Figure 4: Oxide film reconstruction rate (RR%) as a function of immersion time, in saliva artificial, for Ti pure, Ti6Al4V alloy, and Ti-grade 2 electrodes covered with oxide films potentiodynamically grown up to 1.5 V, in PBS solution.

In agreement with what was previously stated, the impedance data previously described [11, 19, 22] show the influence of the Cl- presence on the passive oxide stability. By completing this research, we already presented the characterization of these anodic films by electrochemical impedance [19]. The impedance response indicated the existence of a thin oxide film on dental implant that suffers a dissolution process during different immersion times. This fact was confirmed by resistive and capacitive behaviors, as the corrosion resistance of the Ti-grade 2 is less than pure Ti. The resistance of the passive film on Ti-grade 2 decreased when the exposure time is increased, due to the oxide breakdown followed by a dissolution process. The capacitive behavior indicated the presence of a uniform and thin oxide on the implant surface. The influence of chloride media on the stability of anodic films on titanium-based materials by voltammetric studies has been presented by our research members [18].

An average value of 2.5 nm V−1 was obtained for the anodization rate in pure Ti oxides [2]. In the case of Ti-grade 2, the anodization rate is 2.1 nm V−1 indicating a lower protect layer to a fixed final potential. This result is according to the magnitude of the reconstruction rate obtained to the dental implant in artificial saliva (see Figure 4). This worst corrosion resistance could be related to the presence of contaminants and impurities and/or to the microstructural variations that occur after thermal and conformational treatments. Therefore, the dental implant becomes more vulnerable to the corrosion processes [23].

In the corrosion-dissolution process, the presence of ions released from the implant could affect the tissue-bone material interactions that cause damage in the osteointegration process resulting from the looseness of implant. Marino and Mascaro [19] have found that the spontaneous dissolution rate of TiO2 in sulfuric acid solutions, at various pHs, is first order with respect to proton concentration. Thus, we proposed that the oxide hydrolysis might be written as reaction (1). Therefore, a very slow chemical dissolution could be associated with the release of Ti(OH)3+ ions and other unstable elements in oxide matrix.

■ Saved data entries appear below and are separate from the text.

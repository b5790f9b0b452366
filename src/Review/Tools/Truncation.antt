-- ===== src/Review/Tools/Truncation.antt =====
-- `truncate_json_result` of src/review/ai_tools.rs: the binary search for the longest part of a result
-- that fits a limit of bytes. The JSON printer is a parameter.
use git_lab_work_runner.Base.{
  ℕ, zero, suc, ◌+◌, ◌-◌, ◌/◌, ◌≤◌, max, Bool, true, false, List, leb, ltb, if◌then◌else◌, Str,
  codes, byte_len, length, take, ◌≡◌, ap, sym, ◌∙◌, subst, inl, inr, Bool-cases, arith,
}

-- The JSON values that the tools build, by what their fields hold: one constructor for each `json!`.
pub record CodeMatch : Type 0 where
  pub path : Str
  pub line : ℕ
  pub before : Str
  pub text : Str
  pub after : Str

pub data ToolValue : Type 0 where
  failed : Str → ToolValue
  file_content : (path content : Str) → Bool → ToolValue
  line_range : (path : Str) → (start_line end_line : ℕ) → Str → Bool → ToolValue
  found_matches : List CodeMatch → Bool → ToolValue
  found_files : List Str → Bool → ToolValue
  truncated_content : Str → ToolValue
  truncated_only cached_context : ToolValue

module _ (to_string : ToolValue → Str) where
  abbrev candidate : Str → ℕ → Str
  candidate text boundary = to_string (truncated_content (take boundary text))

  abbrev fits : ℕ → Str → Bool
  fits max_bytes text = leb (byte_len text) max_bytes

  -- The search for a character boundary; `fuel` bounds `high - low`.
  unfoldable pub search_boundary : ℕ → ℕ → Str → ℕ → ℕ → Str → Str
  search_boundary zero max_bytes text low high best = best
  search_boundary (suc fuel) max_bytes text low high best =
      let middle = low + (high - low) / 2 in
      if ltb low high
      then elim (fits max_bytes (candidate text middle)) [
        | true ↦ search_boundary fuel max_bytes text (suc middle) high (candidate text middle)
        | false ↦ search_boundary fuel max_bytes text low middle best
      ]
      else best

  abbrev minimal : Str
  minimal = to_string truncated_only

  -- The boundaries are those of the characters and the end of the text.
  abbrev shortened : ℕ → Str → Str
  shortened max_bytes text =
      if fits max_bytes text
      then text
      else if fits max_bytes minimal
      then search_boundary (length text + 1) max_bytes text 0 (length text + 1) minimal
      else codes "0"

  unfoldable pub truncate_json_result : ToolValue → ℕ → Str
  truncate_json_result value max_bytes = shortened (max max_bytes 1) (to_string value)

  search_boundary_bound :
      (fuel max_bytes : ℕ) (text : Str) (low high : ℕ) (best : Str)
      → byte_len best ≤ max_bytes
      → byte_len (search_boundary fuel max_bytes text low high best) ≤ max_bytes
  unfolding search_boundary
  search_boundary_bound zero max_bytes text low high best h = h
  search_boundary_bound (suc fuel) max_bytes text low high best h =
      let middle = low + (high - low) / 2 in
      ground (
        arith,
        search_boundary_bound fuel max_bytes text (suc middle) high (candidate text middle),
        search_boundary_bound fuel max_bytes text low middle best,
      )

  -- A result is never longer than the limit, or than one byte where the limit is none.
  pub truncate_json_result_bound :
      (value : ToolValue) (max_bytes : ℕ)
      → byte_len (truncate_json_result value max_bytes) ≤ max max_bytes 1
  unfolding truncate_json_result byte_len
  truncate_json_result_bound value max_bytes =
      let text = to_string value in
      let limit = max max_bytes 1 in
      ground (arith, search_boundary_bound (length text + 1) limit text 0 (length text + 1) minimal)

  -- The reference: of the parts of fewer than `count` characters, the longest that fits, else `minimal`.
  unfoldable pub longest_below : ℕ → Str → ℕ → Str
  longest_below max_bytes text zero = minimal
  longest_below max_bytes text (suc count) =
      if fits max_bytes (candidate text count)
      then candidate text count
      else longest_below max_bytes text count

  unfoldable pub truncate_by_scan : ToolValue → ℕ → Str
  truncate_by_scan value max_bytes =
      let limit = max max_bytes 1 in
      let text = to_string value in
      if fits limit text
      then text
      else if fits limit minimal
      then longest_below limit text (length text + 1)
      else codes "0"

  -- One more character of a text makes its truncated result no shorter.
  abbrev pub Grows : Type 0
  Grows = (text : Str) (n : ℕ) → byte_len (candidate text n) ≤ byte_len (candidate text (suc n))

  module _ (grows : Grows) where
    fits_not_later :
        (max_bytes : ℕ) (text : Str) (middle high : ℕ)
        → middle ≤ high
        → fits max_bytes (candidate text middle) ≡ false
        → fits max_bytes (candidate text high) ≡ false
    fits_not_later max_bytes text middle zero le h =
        let e : middle ≡ 0 = omega arith in
        subst (λ n. fits max_bytes (candidate text n) ≡ false) e h
    fits_not_later max_bytes text middle (suc high) le h = elim (Bool-cases (leb middle high)) [
      | inl y ↦
          ground
            (arith, fits_not_later max_bytes text middle high (ground arith) h, grows text high)
      | inr more ↦
          let e : middle ≡ suc high = ground arith in
          subst (λ n. fits max_bytes (candidate text n) ≡ false) e h
    ]

    longest_below-unfit :
        (max_bytes : ℕ) (text : Str) (middle high : ℕ)
        → middle ≤ high
        → fits max_bytes (candidate text middle) ≡ false
        → longest_below max_bytes text middle ≡ longest_below max_bytes text high
    unfolding longest_below
    longest_below-unfit max_bytes text middle zero le h =
        let e : middle ≡ 0 = omega arith in ap (longest_below max_bytes text) e
    longest_below-unfit max_bytes text middle (suc high) le h =
        elim (Bool-cases (leb middle high)) [
          | inl y ↦
              let le' : middle ≤ high = ground arith in
              longest_below-unfit max_bytes text middle high le' h
              ∙ sym (rw (fits_not_later max_bytes text middle high le' h, longest_below))
          | inr more ↦
              let e : middle ≡ suc high = ground arith in ap (longest_below max_bytes text) e
        ]

    search_boundary-longest :
        (fuel max_bytes : ℕ) (text : Str) (low high : ℕ)
        → low ≤ high
        → high ≤ low + fuel
        → search_boundary fuel max_bytes text low high (longest_below max_bytes text low)
          ≡ longest_below max_bytes text high
    unfolding search_boundary longest_below
    search_boundary-longest zero max_bytes text low high le h =
        ap (longest_below max_bytes text) (omega arith)
    search_boundary-longest (suc fuel) max_bytes text low high le h =
        let middle = low + (high - low) / 2 in
        elim (Bool-cases (ltb low high)) [
          | inr n ↦ rw (n, search_boundary) (ap (longest_below max_bytes text) (ground arith))
          | inl y ↦ elim (Bool-cases (fits max_bytes (candidate text middle))) [
            | inl yes_fits ↦
                rw (y, yes_fits, search_boundary)
                  (ap (search_boundary fuel max_bytes text (suc middle) high)
                      (sym (rw (yes_fits, longest_below)))
                    ∙ search_boundary-longest fuel max_bytes text (suc middle) high (ground arith)
                        (omega arith))
            | inr no_fits ↦
                rw (y, no_fits, search_boundary)
                  (search_boundary-longest fuel max_bytes text low middle (omega arith)
                      (omega arith)
                    ∙ longest_below-unfit max_bytes text middle high (omega arith) no_fits)
          ]
        ]

  -- Where more text never prints shorter, the binary search finds what a scan of all parts finds: the
  -- result itself where it fits, else the longest part of it that fits.
  pub truncate_json_result-scan :
      Grows
      → (value : ToolValue) (max_bytes : ℕ)
      → truncate_json_result value max_bytes ≡ truncate_by_scan value max_bytes
  unfolding truncate_json_result truncate_by_scan longest_below
  truncate_json_result-scan grows value max_bytes =
      let text = to_string value in
      let limit = max max_bytes 1 in
      ap (λ s. if fits limit text then text else if fits limit minimal then s else codes "0")
        (search_boundary-longest grows (length text + 1) limit text 0 (length text + 1)
          (omega arith) (omega arith))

4. Microstructural Analysis

The electrochemical results suggest that the corrosion resistance decreases with increasing levels of impurities. Therefore, the microstructural analysis could show the natural tendency of biomaterial corrosion resistance.

Information about the chemical composition and structural aspects of these biomaterials is essential to the knowledge of its behavior and stability in aggressive media, such as body fluids [24, 25]. The microstructures of the Ti, Ti-grade 2 and Ti6Al4V alloy were analyzed after mirror polishing and etching their surfaces with a Kroll solution (6 : 1 : 1000 v/v/v HNO3 : HF : H2O) for approximately 15 s. The adherent oxide film on the surface of Ti and Ti alloys requires strong etchings to minimize the staining problems that might obscure the microstructure.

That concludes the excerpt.